# The embarrassing theme song you wrote for your pet



## Chew Toy McCoy

If you have a pet and you love your pet then you wrote them a theme song which you frequently sing to them.  If you didn't then you either don't love your pet or you are a liar.

I will not be posting an audio recording but will share that mine involves the use of the words Butters, baby, and lizard sung to the theme from The A Team.  I don't even like The A Team so I don't know why it's stuck in my head, but it does have a sense of adventure.


----------



## Pumbaa

Complete lyrics now please! I want them yesterday!


----------



## Chew Toy McCoy

Pumbaa said:


> Complete lyrics now please! I want them yesterday!
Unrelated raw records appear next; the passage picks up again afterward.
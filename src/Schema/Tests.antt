-- ===== src/Schema/Tests.antt =====
-- The migrations on a database in which there are TypeORM's own table and the extension uuid-ossp.
use basket_shared.Prelude.{true, false, [], ◌∷◌, take, All, text, text_eq, ◌≡◌, refl}
use basket_shared.Schema.{
  Schema, integer, bigint, varchar, done, failed, undefined_function, run, perform,
}
use basket_shared.Schema.Migrations.{required, migrations, ups, downs}
use basket_shared.Schema.Entities.{entities, is_mapped}
use basket_shared.Schema.Reverting.{is_foreign, downs-ups}
use basket_shared.Schema.Mapped.{entities-IsMapped}

abbrev bookkeeping : Schema
bookkeeping = record {
  uuid_ossp = true;
  types = [];
  tables =
      record {
        name = text "migrations";
        columns =
            required (text "id") integer
            ∷ required (text "timestamp") bigint
            ∷ required (text "name") (varchar 255)
            ∷ [];
        row_security = false;
        forced = false;
      }
      ∷ [];
  indexes =
      record {
        name = text "PK_8c82d7f526340ab734260ea46be";
        table = text "migrations";
        columns = text "id" ∷ [];
        unique = true;
        primary = true;
      }
      ∷ [];
  policies = [];
}

bookkeeping-is_foreign : is_foreign bookkeeping migrations ≡ true
unfolding text_eq
bookkeeping-is_foreign = refl

downs-ups_example :
    (t : Schema) × (run (ups (take 6 migrations)) bookkeeping ≡ done t)
    × (run (downs (take 6 migrations)) t ≡ done bookkeeping)
downs-ups_example = downs-ups 6 bookkeeping refl bookkeeping-is_foreign

entities-IsMapped_example :
    (t : Schema) × (run (ups migrations) bookkeeping ≡ done t)
    × All (λ e. is_mapped t e ≡ true) entities
entities-IsMapped_example = entities-IsMapped bookkeeping refl bookkeeping-is_foreign

-- Without the extension the second statement fails.
needs_uuid_ossp :
    run (ups migrations) (record bookkeeping { uuid_ossp = false }) ≡ failed undefined_function
unfolding perform text_eq
needs_uuid_ossp = refl
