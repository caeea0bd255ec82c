-- ===== src/Sweepers/Purging.antt =====
-- Which rows `purge` of retention.service.ts deletes.
use basket_shared.Prelude.{
  ℕ, ◌-◌, ◌*◌, ◌<◌, ◌≡◌, refl, sym, subst, ◌↔◌, ◌⊎◌, arith, inl, inr, Bool, true, false, not, List,
  [], ◌∷◌, filter, ◌==◌, Bool-cases, not_both, In,
}
use basket_shared.World.Entities.{
  FileTransfer, TransferStatus, pending, processing, success, failed,
}
use basket_shared.World.State.{World, fine}
use basket_shared.World.Monad.{pure, local, call, ◌>>=◌}
use basket_shared.Repository.{is_terminal, is_expired, delete_terminal_older_than}
use basket_shared.Sweepers.{ms_per_day, purge}

module _ (t : FileTransfer) (p : FileTransfer → Bool) where
  In-filter_step :
      (r : FileTransfer) (rest : List FileTransfer) (rows : List FileTransfer)
      → p r ≡ true
      → In t rest ↔ (In t rows × (p t ≡ true))
      → In t (r ∷ rest) ↔ (In t (r ∷ rows) × (p t ≡ true))
  In-filter_step r rest rows e ih = (kept, keeps)
    where
      kept : In t (r ∷ rest) → In t (r ∷ rows) × (p t ≡ true)
      kept (inl same) = (inl same, subst (λ x. p x ≡ true) (sym same) e)
      kept (inr i) = let (j, q) = ih.0 i in (inr j, q)

      keeps : In t (r ∷ rows) × (p t ≡ true) → In t (r ∷ rest)
      keeps (inl same, q) = inl same
      keeps (inr j, q) = inr (ih.1 (j, q))

  In-filter_iff : (rows : List FileTransfer) → In t (filter p rows) ↔ (In t rows × (p t ≡ true))
  In-filter_iff [] = ((λ i. absurd (i tt)), (λ h. h.0))
  In-filter_iff (r ∷ rows) =
      let ih = In-filter_iff rows in
      elim (Bool-cases (p r)) [
        | inl e ↦ rw e (In-filter_step r (filter p rows) rows e ih)
        | inr e ↦ rw e (
          (λ i. let (j, q) = ih.0 i in (inr j, q)),
          (λ h. elim h.0 [
            | inl same ↦ absurd (not_both e (subst (λ x. p x ≡ true) same h.1))
            | inr j ↦ ih.1 (j, h.1)
          ]),
        )
      ]

negated_iff : (b : Bool) → (not b ≡ true) ↔ ¬ (b ≡ true)
negated_iff true = ((λ h k. not_both refl h), (λ h. absurd (h refl)))
negated_iff false = ((λ h k. not_both refl k), (λ h. refl))

is_expired_iff :
    (cutoff : ℕ) (t : FileTransfer)
    → (is_expired cutoff t ≡ true)
      ↔ (((t.status ≡ success) ⊎ (t.status ≡ failed)) × (t.updated_at < cutoff))
is_expired_iff cutoff t = (
  (λ h. (ended t.status (ground (arith, h)), ground (arith, h))),
  (λ h. rw (over t.status h.0) (ground (arith, h.1))),
)
  where
    ended : (s : TransferStatus) → is_terminal s ≡ true → (s ≡ success) ⊎ (s ≡ failed)
    ended pending h = cc
    ended processing h = cc
    ended success h = inl refl
    ended failed h = inr refl

    over : (s : TransferStatus) → (s ≡ success) ⊎ (s ≡ failed) → is_terminal s ≡ true
    over s (inl e) = rw e refl
    over s (inr e) = rw e refl

-- Where a retention is set and the database answers, the rows that a purge leaves are exactly those
-- that were there, but for the rows that are SUCCESS or FAILED and were last written before now less
-- the retention.
pub purge_iff :
    (days : ℕ) (w : World) (t : FileTransfer)
    → (days == 0) ≡ false
    → w.services.fate w.tick ≡ fine
    → In t (purge days w).1.db.transfers ↔ (
        In t w.db.transfers
        × ¬ (
            ((t.status ≡ success) ⊎ (t.status ≡ failed))
            × (t.updated_at < w.services.clock w.tick - days * 86400000)))
unfolding purge delete_terminal_older_than local call pure ◌>>=◌
purge_iff days w t on answered =
    let cutoff = w.services.clock w.tick - days * ms_per_day in
    let (expired, expires) = is_expired_iff cutoff t in
    let (kept, keeps) = In-filter_iff t (λ r. not (is_expired cutoff r)) w.db.transfers in
    let (differs, same) = negated_iff (is_expired cutoff t) in
    rw (on, answered)
      (
        (λ i. let (j, e) = kept i in (j, λ old. differs e (expires old))),
        (λ h. keeps (h.0, same (λ e. h.1 (expired e)))),
      )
lyrically it’s more of a free form jazz number, spontaneous and never the same twice.


----------



## Chew Toy McCoy

So I started singing Rick James' Super Freak to Butters but I change "freak" to "skink".  Super skink!  Super skink!  She's super skinky!

Possible future reimaginings could include Skinks Come Out at Night by Whodini, Skinks of the Industry by Digital Underground, or Skink-A-Zoid by Midnight Star.


----------



## Alli

All 3 of my boys have theme songs. 

Shadow man, Shadow man, does whatever a Shadow can. (Hat tip to Spidey.)

Jet! Na na na na na na! (Nod to Paul McCartney.)

There’s nothing like milk and an Oreo kitty. (Thank you, Oreo cookies.)


----------